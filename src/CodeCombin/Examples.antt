-- ===== src/CodeCombin/Examples.antt =====
-- Documents that are combined and files that are read, with the functions of common/codecombin.cpp,
-- and the theorems there.
use ministudo_guibuilder.Prelude.{ℕ, ◌≡◌, ◌≢◌, refl, inr, none, some, List, [], ◌∷◌, ◌++◌, arith}
use ministudo_guibuilder.Prelude.Access.{ok, fault}
use ministudo_guibuilder.Prelude.Run.{done, out_of_fuel}
use ministudo_guibuilder.CodeCombin.Element.{
  Text, Element, text, compound, nil, cons, user, auto_gen, doc, from_list, insert_text,
  append_text, get_child, insert_child, clone,
}
use ministudo_guibuilder.CodeCombin.Parts.{
  texts, replace_texts, replace_auto_gen_part, disable_code, open_front, close_back, if_zero,
  end_if,
}
use ministudo_guibuilder.CodeCombin.Combine.{
  find_part, put_part, put_parts, disable_obsolete, combin,
}
use ministudo_guibuilder.CodeCombin.Lookup.{lookup_part}
use ministudo_guibuilder.CodeCombin.Merge.{Distinct}
use ministudo_guibuilder.CodeCombin.Combined.{combined, combin-lookup}
use ministudo_guibuilder.CodeCombin.Kept.{others, combin-others}
use ministudo_guibuilder.CodeCombin.Finishes.{Filled, combin-returns, combin_empty, empty_part}
use ministudo_guibuilder.CodeCombin.Inside.{compounds, written_over, replace_auto_gen_part-inside}
use ministudo_guibuilder.CodeCombin.Save.{
  save, save_all, end_mark, opening, closing, identification, disable_code-save,
}
use ministudo_guibuilder.CodeCombin.Stream.{
  reading, read_word, fgetnstr, fungetnstr, fgetword, skip_blanks, end_of_file,
}
use ministudo_guibuilder.CodeCombin.Load.{
  load_text, empty_text, text_round, read_name, read_quoted, load_name, next_child, load_children,
  load_file, code_combin_files, children,
}
use ministudo_guibuilder.CodeCombin.Front.{code_combin_files_front}
use ministudo_guibuilder.CodeCombin.FileEnds.{code_combin_files-ends}
use ministudo_guibuilder.CodeCombin.LineLoads.{unlines}
use ministudo_guibuilder.CodeCombin.TextLoads.{load_text-save}

program : Unit {0}
unfolding insert_text append_text get_child insert_child clone replace_texts replace_auto_gen_part
    open_front close_back disable_code find_part put_part put_parts disable_obsolete combin save
    read_word fgetnstr fungetnstr skip_blanks fgetword text_round load_text read_name read_quoted
    load_name next_child load_children load_file code_combin_files
program = tt

-- "A\n", and parts of one text with the names "a" to "d".
abbrev line : ℕ → Text
line c = c ∷ 10 ∷ []

abbrev part : ℕ → ℕ → Element
part name c = compound auto_gen (some (name ∷ [])) (cons (text (some (line c))) nil)

abbrev own : List Element
own = text (some (line 65)) ∷ part 97 66 ∷ text (some (line 67)) ∷ part 98 68 ∷ []

abbrev generated : List Element
generated = text (some (line 69)) ∷ part 97 70 ∷ part 99 71 ∷ []

-- Part a takes over the text, part c is new and comes behind it and the user's text, part b is
-- disabled.
combin_runs :
    combin own generated
    ≡ ok (
        text (some (line 65))
        ∷ part 97 70
        ∷ text (some (line 67))
        ∷ part 99 71
        ∷ disable_code (part 98 68)
        ∷ [])
unfolding program
combin_runs = refl

-- "a b\nc\n" and "a b": a blank is lost, and a byte is added.
load_file_runs :
    load_file 100 (some (97 ∷ 32 ∷ 98 ∷ 10 ∷ 99 ∷ 10 ∷ []))
    ≡ done (some (compound doc none (cons (text (some (97 ∷ 98 ∷ 10 ∷ 99 ∷ 10 ∷ []))) nil)))
unfolding program
load_file_runs = refl

load_file_last_runs :
    load_file 100 (some (97 ∷ 32 ∷ 98 ∷ []))
    ≡ done (some (compound doc none (cons (text (some (97 ∷ 98 ∷ end_of_file ∷ []))) nil)))
unfolding program
load_file_last_runs = refl

-- A part is saved with a blank behind its name, which is loaded as part of its text.
abbrev saved_part : Text
saved_part = save (part 97 66)

part_runs :
    load_file 200 (some (10 ∷ saved_part))
    ≡ done (
        some (
          compound doc none (
            cons (text (some (10 ∷ []))) (
              cons
                (compound auto_gen (some (97 ∷ [])) (cons (text (some (32 ∷ line 66))) nil))
                (cons (text none) nil)))))
unfolding program
part_runs = refl

code_combin_files_front_example :
    code_combin_files 100
      (some (97 ∷ 10 ∷ []))
      (some (save (compound auto_gen (some (98 ∷ [])) nil) ++ 10 ∷ 65 ∷ []))
    ≡ done (some (save (compound doc none (cons (text (some (97 ∷ 10 ∷ []))) nil))))
unfolding program
code_combin_files_front_example =
    code_combin_files_front 99 (some (97 ∷ 10 ∷ []))
      (compound doc none (cons (text (some (97 ∷ 10 ∷ []))) nil)) (98 ∷ []) nil (10 ∷ 65 ∷ []) refl

abbrev after : List Element
after =
    text (some (line 65))
    ∷ part 97 70
    ∷ text (some (line 67))
    ∷ part 99 71
    ∷ disable_code (part 98 68)
    ∷ []

combin-lookup_example :
    (lookup_part (98 ∷ []) after
      ≡ combined (lookup_part (98 ∷ []) own) (lookup_part (98 ∷ []) generated))
    × Distinct after
combin-lookup_example =
    combin-lookup own generated (98 ∷ []) (tt, (refl, (tt, (refl, tt)))) (tt, (refl, (refl, tt)))
      combin_runs

combin-others_example :
    others (
      text (some (line 65))
      ∷ part 97 70
      ∷ text (some (line 67))
      ∷ part 99 71
      ∷ disable_code (part 98 68)
      ∷ [])
    ≡ others own
unfolding disable_code
combin-others_example = combin-others own generated combin_runs

combin-returns_example : (es : List Element) × (combin own generated ≡ ok es)
unfolding Filled
combin-returns_example = combin-returns own generated (tt, ((tt, tt), ((tt, tt), tt)))

combin_empty_example : combin own (part 97 70 ∷ empty_part (100 ∷ []) generated ∷ generated) ≡ fault
combin_empty_example = combin_empty (100 ∷ []) generated own (part 97 70 ∷ []) refl refl

abbrev mixed : List Element
mixed =
    text (some (line 65))
    ∷ compound user none (cons (text (some (line 66))) nil)
    ∷ text (some (line 67))
    ∷ text (some (line 68))
    ∷ []

abbrev fresh : List Element
fresh = text (some (line 70)) ∷ text (some (line 71)) ∷ []

replace_auto_gen_part-inside_example :
    (compounds (
        children (
          replace_auto_gen_part
            (compound auto_gen (some (97 ∷ [])) (from_list mixed))
            (compound auto_gen (some (97 ∷ [])) (from_list fresh))))
      ≡ compounds mixed)
    × (texts (
          children (
            replace_auto_gen_part
              (compound auto_gen (some (97 ∷ [])) (from_list mixed))
              (compound auto_gen (some (97 ∷ [])) (from_list fresh))))
        ≡ written_over (texts mixed) (texts fresh))
replace_auto_gen_part-inside_example =
    replace_auto_gen_part-inside auto_gen auto_gen (some (97 ∷ [])) (some (97 ∷ [])) mixed fresh
      refl

disable_code-save_example :
    save (disable_code (compound auto_gen (some (98 ∷ [])) (from_list mixed)))
    ≡ opening auto_gen
      ++ (identification (some (98 ∷ []))
          ++ (((if_zero ++ save_all (from_list mixed)) ++ end_if) ++ closing auto_gen))
disable_code-save_example = disable_code-save auto_gen (some (98 ∷ [])) (from_list mixed)

code_combin_files-ends_example :
    code_combin_files 200 (some saved_part) (some (97 ∷ 10 ∷ [])) ≢ out_of_fuel
unfolding save
code_combin_files-ends_example =
    code_combin_files-ends 200 (some saved_part) (some (97 ∷ 10 ∷ [])) (omega arith) (omega arith)

load_text-save_example :
    load_text 20 empty_text (
      reading
        (save (text (some (unlines ((47 ∷ 47 ∷ []) ∷ (65 ∷ []) ∷ [])))) ++ (end_mark ++ 10 ∷ [])))
    ≡ done (some (unlines ((47 ∷ 47 ∷ []) ∷ (65 ∷ []) ∷ [])), reading (end_mark ++ 10 ∷ []))
load_text-save_example =
    load_text-save (47 ∷ 47 ∷ []) ((65 ∷ []) ∷ []) 20 end_mark (10 ∷ [])
      ((refl, refl, refl), ((refl, refl, refl), tt)) ((((refl, refl, refl), tt), refl), tt)
      (inr refl) (omega arith)
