-- ===== src/FixedLayout.antt =====
-- The fixed layout, mgfc/fixedlayout.c and mgfc/fixedlayout.h: a list of cells, each with a place of
-- its own in the rectangle of the layout.
pub mod Cells
pub mod Place
pub mod Sizes
pub mod Lists
pub mod Given
pub mod Finishes
mod Examples
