-- ===== src/GridLayout/Units.antt =====
-- LAYOUT_UNIT and `recalca_units` of mgfc/gridlayout.c: the widths of the columns (or the heights
-- of the rows) of a grid. An array of `n` units is a list of length `n`, so `n` is no argument.
pub mod Bounds
pub mod Sums
pub mod Shape
pub mod Twice
use ministudo_guibuilder.Prelude.{
  ℕ, zero, suc, ◌+◌, ◌-◌, ◌/◌, ◌^◌, Bool, true, false, not, ◌&&◌, Option, none, some, List, [], ◌∷◌,
  ltb, ◌==◌, if◌then◌else◌, replicate,
}
use ministudo_guibuilder.Prelude.Int.{ℤ, pos, pos_part, ◌*ℤ◌, ◌/ℤ◌, leb_ℤ, eqb_ℤ, wrap, wrap_signed}

abbrev pub lut_pixel : ℕ
lut_pixel = 0

abbrev pub lut_percent : ℕ
lut_percent = 1

abbrev pub lut_spliter : ℕ
lut_spliter = 2

abbrev pub spliter_size : ℕ
spliter_size = 4

-- `type` has two bits, `logic_size` fourteen with a sign, `current_size` sixteen.
pub record LayoutUnit : Type 0 where
  pub kind : ℕ
  pub logic_size : ℤ
  pub current_size : ℕ

-- What a store to each of the last two fields keeps.
abbrev pub to_uint16 : ℤ → ℕ
to_uint16 a = wrap a (2 ^ 16)

abbrev pub to_int14 : ℤ → ℤ
to_int14 a = wrap_signed a (2 ^ 13)

-- A unit without a size of its own shares what the others leave.
unfoldable pub is_average : LayoutUnit → Bool
is_average u = not (u.kind == lut_spliter) && eqb_ℤ u.logic_size (pos 0)

-- The three assignments to `current_size` in the first loop.
unfoldable pub wanted : ℕ → LayoutUnit → ℕ
wanted width u =
    if u.kind == lut_pixel
    then to_uint16 u.logic_size
    else if u.kind == lut_spliter
    then spliter_size
    else to_uint16 (u.logic_size *ℤ pos width /ℤ 100)

-- The size stored, cut down to what is left. `recent` is never negative: it starts positive and
-- loses at most itself.
unfoldable pub granted : ℕ → ℕ → LayoutUnit → ℕ
granted width recent u = let size = wanted width u in if ltb recent size then recent else size

unfoldable pub fix_unit : ℕ → ℕ → LayoutUnit → LayoutUnit
fix_unit width recent u =
    if is_average u then u else record u { current_size = granted width recent u }

unfoldable pub left_over : ℕ → ℕ → LayoutUnit → ℕ
left_over width recent u = if is_average u then recent else recent - granted width recent u

unfoldable pub count_average : LayoutUnit → ℕ → ℕ
count_average u avgs = if is_average u then avgs + 1 else avgs

-- The first loop: the units, `avgs` and `recent` at its end.
unfoldable pub first_loop : ℕ → List LayoutUnit → ℕ → ℕ → List LayoutUnit × ℕ × ℕ
first_loop width [] avgs recent = ([], avgs, recent)
first_loop width (u ∷ us) avgs recent =
    let r = first_loop width us (count_average u avgs) (left_over width recent u) in
    (fix_unit width recent u ∷ r.0, r.1, r.2)

unfoldable pub share_unit : ℕ → LayoutUnit → LayoutUnit
share_unit size u = if is_average u then record u { current_size = size } else u

unfoldable pub uncount_average : LayoutUnit → ℕ → ℕ
uncount_average u avgs = if is_average u then avgs - 1 else avgs

-- The second loop, which stops when `avgs` is used up.
unfoldable pub second_loop : ℕ → List LayoutUnit → ℕ → List LayoutUnit
second_loop size [] avgs = []
second_loop size (u ∷ us) avgs =
    let rest = second_loop size us (uncount_average u avgs) in
    if avgs == 0 then u ∷ us else share_unit size u ∷ rest

-- From `if(recent <= 0)` on. `avg_size` is stored in sixteen bits.
unfoldable pub spread : List LayoutUnit → ℕ → ℕ → List LayoutUnit
spread units avgs recent =
    if recent == 0
    then units
    else (let n : ℕ = if avgs == 0 then 1 else avgs in
        second_loop (to_uint16 (pos (recent / n))) units n)

-- `recalca_units` with a table. A width that is not positive changes nothing.
unfoldable pub recalca_units : List LayoutUnit → ℤ → List LayoutUnit
recalca_units units width =
    let w = pos_part width in
    let r = first_loop w units 0 w in if leb_ℤ width (pos 0) then units else spread r.0 r.1 r.2

abbrev pub zero_unit : LayoutUnit
zero_unit = record { kind = 0; logic_size = pos 0; current_size = 0 }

* * *

### About this exercise
The answer is the lines above between the line holding "-- What a store" and the line holding "unfoldable pub left_over", inclusive, each written out exactly, and no others.

### Answer to this exercise
-- What a store to each of the last two fields keeps.
abbrev pub to_uint16 : ℤ → ℕ
to_uint16 a = wrap a (2 ^ 16)

abbrev pub to_int14 : ℤ → ℤ
to_int14 a = wrap_signed a (2 ^ 13)

-- A unit without a size of its own shares what the others leave.
unfoldable pub is_average : LayoutUnit → Bool
is_average u = not (u.kind == lut_spliter) && eqb_ℤ u.logic_size (pos 0)

-- The three assignments to `current_size` in the first loop.
unfoldable pub wanted : ℕ → LayoutUnit → ℕ
wanted width u =
    if u.kind == lut_pixel
    then to_uint16 u.logic_size
    else if u.kind == lut_spliter
    then spliter_size
    else to_uint16 (u.logic_size *ℤ pos width /ℤ 100)

-- The size stored, cut down to what is left. `recent` is never negative: it starts positive and
-- loses at most itself.
unfoldable pub granted : ℕ → ℕ → LayoutUnit → ℕ
granted width recent u = let size = wanted width u in if ltb recent size then recent else size

unfoldable pub fix_unit : ℕ → ℕ → LayoutUnit → LayoutUnit
fix_unit width recent u =
    if is_average u then u else record u { current_size = granted width recent u }

unfoldable pub left_over : ℕ → ℕ → LayoutUnit → ℕ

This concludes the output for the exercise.